WORK TASK:
Using the data below, count the lines where "Type" appears, and answer with the number alone.

SUPPLIED RECORDS:
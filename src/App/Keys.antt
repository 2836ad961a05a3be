-- ===== src/App/Keys.antt =====
-- The authenticator that is made from an accepted configuration (internal/config/auth.go before
-- internal/auth/authenticator.go).
use agent.Base.{
  ℕ, suc, ◌≡◌, refl, sym, ap, subst, true, false, Option, none, some, List, [], ◌∷◌, arith, all,
  eqb, length, map, Bool-cases, inl, inr,
}
use agent.Text.{
  is_empty, Text, text_eq, text_beq_iff, trim_space, to_lower, lower, trim_prefix, byte_len, codes,
}
use agent.Text.Trim.{all-trim_space, all-trim_prefix, contains_any-trim_space, is_empty-trim_twice}
use agent.Map.{◌==◌, mem, distinct}
use agent.Hex.{decode_hex, is_not_upper, decode_hex-injective}
use agent.Config.{Config, ApiKeyCredentialConfig}
use agent.Config.Validate.{Parsers}
use agent.Config.ApiKeys.{normalize_api_key_hash, check_keys, validate_api_key_auth, decoded}
use agent.Config.Whole.{validate}
use agent.Auth.{
  ApiKeyAuthenticator, ApiKeyCredential, parsed, ready, parse_api_key_hash, parse_keys,
  credential_of, new_api_key_authenticator,
}
use agent.App.Identity.{has_user}

to_lower-is_not_upper : (s : Text) → all is_not_upper (to_lower s) ≡ true
unfolding to_lower lower is_not_upper
to_lower-is_not_upper [] = refl
to_lower-is_not_upper (c ∷ s) = ground (arith, to_lower-is_not_upper s)

-- A hash that the configuration keeps, and the bytes that the authenticator reads from it.
pub record IsHash (hash : Text) (bytes : List ℕ) : Type 0 where
  is_lower : all is_not_upper hash ≡ true
  decodes : decode_hex hash ≡ some bytes

decoded-IsHash :
    (text : Text) (r : Option (List ℕ)) {hash : Text}
    → decode_hex text ≡ r
    → all is_not_upper text ≡ true
    → decoded text r ≡ some hash
    → (bytes : List ℕ) × (r ≡ some bytes) × IsHash hash bytes
decoded-IsHash text none d l e = absurd (ground arith)
decoded-IsHash text (some bytes) d l e =
    (bytes, refl, record { is_lower = ground arith; decodes = ground arith })

-- The two routines for a hash agree: a value whose hash the configuration keeps is one that the
-- authenticator reads, as the bytes of that hash.
pub normalize-parse :
    (value : Text) {hash : Text}
    → normalize_api_key_hash value ≡ some hash
    → (bytes : List ℕ) × (parse_api_key_hash value ≡ some bytes) × IsHash hash bytes
unfolding normalize_api_key_hash parse_api_key_hash
normalize-parse value {hash} e =
    let text = trim_prefix (trim_space (to_lower value)) (codes "sha256:") in
    let lower_case =
      all-trim_prefix is_not_upper _ (codes "sha256:")
        (all-trim_space is_not_upper _ (to_lower-is_not_upper value)) in
    elim (Bool-cases (eqb (byte_len text) 64)) [
      | inl long ↦ rw (long) (decoded-IsHash text (decode_hex text) refl lower_case (rw long at e))
      | inr short ↦ absurd (ground (arith, short, e))
    ]

IsHash-same : (g h : Text) (bytes : List ℕ) → IsHash g bytes → IsHash h bytes → g ≡ h
IsHash-same g h bytes x y = decode_hex-injective g h bytes x.is_lower y.is_lower x.decodes y.decodes

-- What the authenticator makes of the keys, none of whose hashes is among those seen.
record Distinct (j : ℕ) (hashes : List Text) (keys : List ApiKeyCredentialConfig) : Type 0 where
  credentials : List ApiKeyCredential
  parses : parse_keys j keys ≡ parsed credentials
  one_each : length credentials ≡ length keys
  users_named : all (λ c. has_user c.identity) credentials ≡ true
  distinct_hashes : distinct (map (λ c. c.hash) credentials) ≡ true
  fresh :
      (h : Text) (bytes : List ℕ)
      → mem h hashes ≡ true
      → IsHash h bytes
      → mem bytes (map (λ c. c.hash) credentials) ≡ false

cons-Distinct :
    (j : ℕ) (hashes : List Text) (key : ApiKeyCredentialConfig) (keys : List ApiKeyCredentialConfig)
    (hash : Text)
    → normalize_api_key_hash key.key_hash ≡ some hash
    → mem hash hashes ≡ false
    → is_empty (trim_space key.user_id) ≡ false
    → Distinct (suc j) (hash ∷ hashes) keys
    → Distinct j hashes (key ∷ keys)
unfolding parse_keys mem distinct
cons-Distinct j hashes key keys hash e new named d =
    let (bytes, p, h) = normalize-parse key.key_hash e in
    record {
      credentials = credential_of key bytes ∷ d.credentials;
      parses = ground (arith, p, d.parses);
      one_each = ap suc d.one_each;
      users_named = ground (arith, named, is_empty-trim_twice key.user_id, d.users_named);
      distinct_hashes =
          ground (
            arith,
            d.fresh hash bytes (ground (arith, text_beq_iff hash hash)) h,
            d.distinct_hashes,
          );
      fresh = λ g bs m x. elim (Bool-cases (bytes == bs)) [
        | inl hit ↦
            let same =
              IsHash-same g hash bytes (subst (IsHash g) (sym ((text_beq_iff bytes bs).0 hit)) x)
                h in
            absurd (ground (arith, subst (λ a. mem a hashes ≡ true) same m, new))
        | inr miss ↦ ground (arith, miss, d.fresh g bs (ground (arith, m)) x)
      ];
    }

check_keys-Distinct :
    (i j : ℕ) (ids hashes : List Text) (keys : List ApiKeyCredentialConfig)
    → check_keys i ids hashes keys ≡ none
    → Distinct j hashes keys
unfolding check_keys parse_keys mem distinct
check_keys-Distinct i j ids hashes [] ok = record {
  credentials = [];
  parses = refl;
  one_each = refl;
  users_named = refl;
  distinct_hashes = refl;
  fresh = λ h bytes m e. refl;
}
check_keys-Distinct i j ids hashes (key ∷ keys) ok =
    elim (normalize_api_key_hash key.key_hash)
        as (λ r. normalize_api_key_hash key.key_hash ≡ r → Distinct j hashes (key ∷ keys)) [
          | none ↦ λ e. absurd (ground (arith, ok, e))
          | some hash ↦ λ e.
              cons-Distinct j hashes key keys hash e (ground (arith, ok, e)) (ground (arith, ok, e))
                (check_keys-Distinct (suc i) (suc j) (trim_space key.id ∷ ids) (hash ∷ hashes) keys
                  (ground (arith, ok, e)))
        ]
      refl

module _ {F : Type 0} (p : Parsers F) (c : Config F) (ok : validate p c ≡ none)
    (on : c.auth.enabled ≡ true) where
  auth-accepted : validate_api_key_auth c.auth ≡ none
  unfolding validate
  auth-accepted = ground arith

  keys-accepted : check_keys 0 [] [] c.auth.keys ≡ none
  unfolding validate_api_key_auth
  keys-accepted = ground (arith, auth-accepted, on)

  -- An accepted configuration that asks for API keys makes an authenticator: its construction does
  -- not fail, it has one credential for each configured key, no two of them have the same digest,
  -- and each of them names a user.
  pub validate-authenticator :
      (canonical : Text → Text)
      → (a : ApiKeyAuthenticator) × (new_api_key_authenticator canonical c.auth ≡ ready a)
        × (length a.credentials ≡ length c.auth.keys)
        × (distinct (map (λ k. k.hash) a.credentials) ≡ true)
        × (all (λ k. has_user k.identity) a.credentials ≡ true)
  unfolding validate_api_key_auth new_api_key_authenticator
  validate-authenticator canonical =
      let d = check_keys-Distinct 0 0 [] [] c.auth.keys keys-accepted in
      let a : ApiKeyAuthenticator = record {
        header = canonical (trim_space c.auth.header);
        credentials = d.credentials;
      } in
      let plain = contains_any-trim_space c.auth.header (32 ∷ 9 ∷ 13 ∷ 10 ∷ 58 ∷ []) in
      (
        a,
        ground (arith, auth-accepted, on, plain, d.parses),
        d.one_each,
        d.distinct_hashes,
        d.users_named,
      )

TASK RESPONSE:
3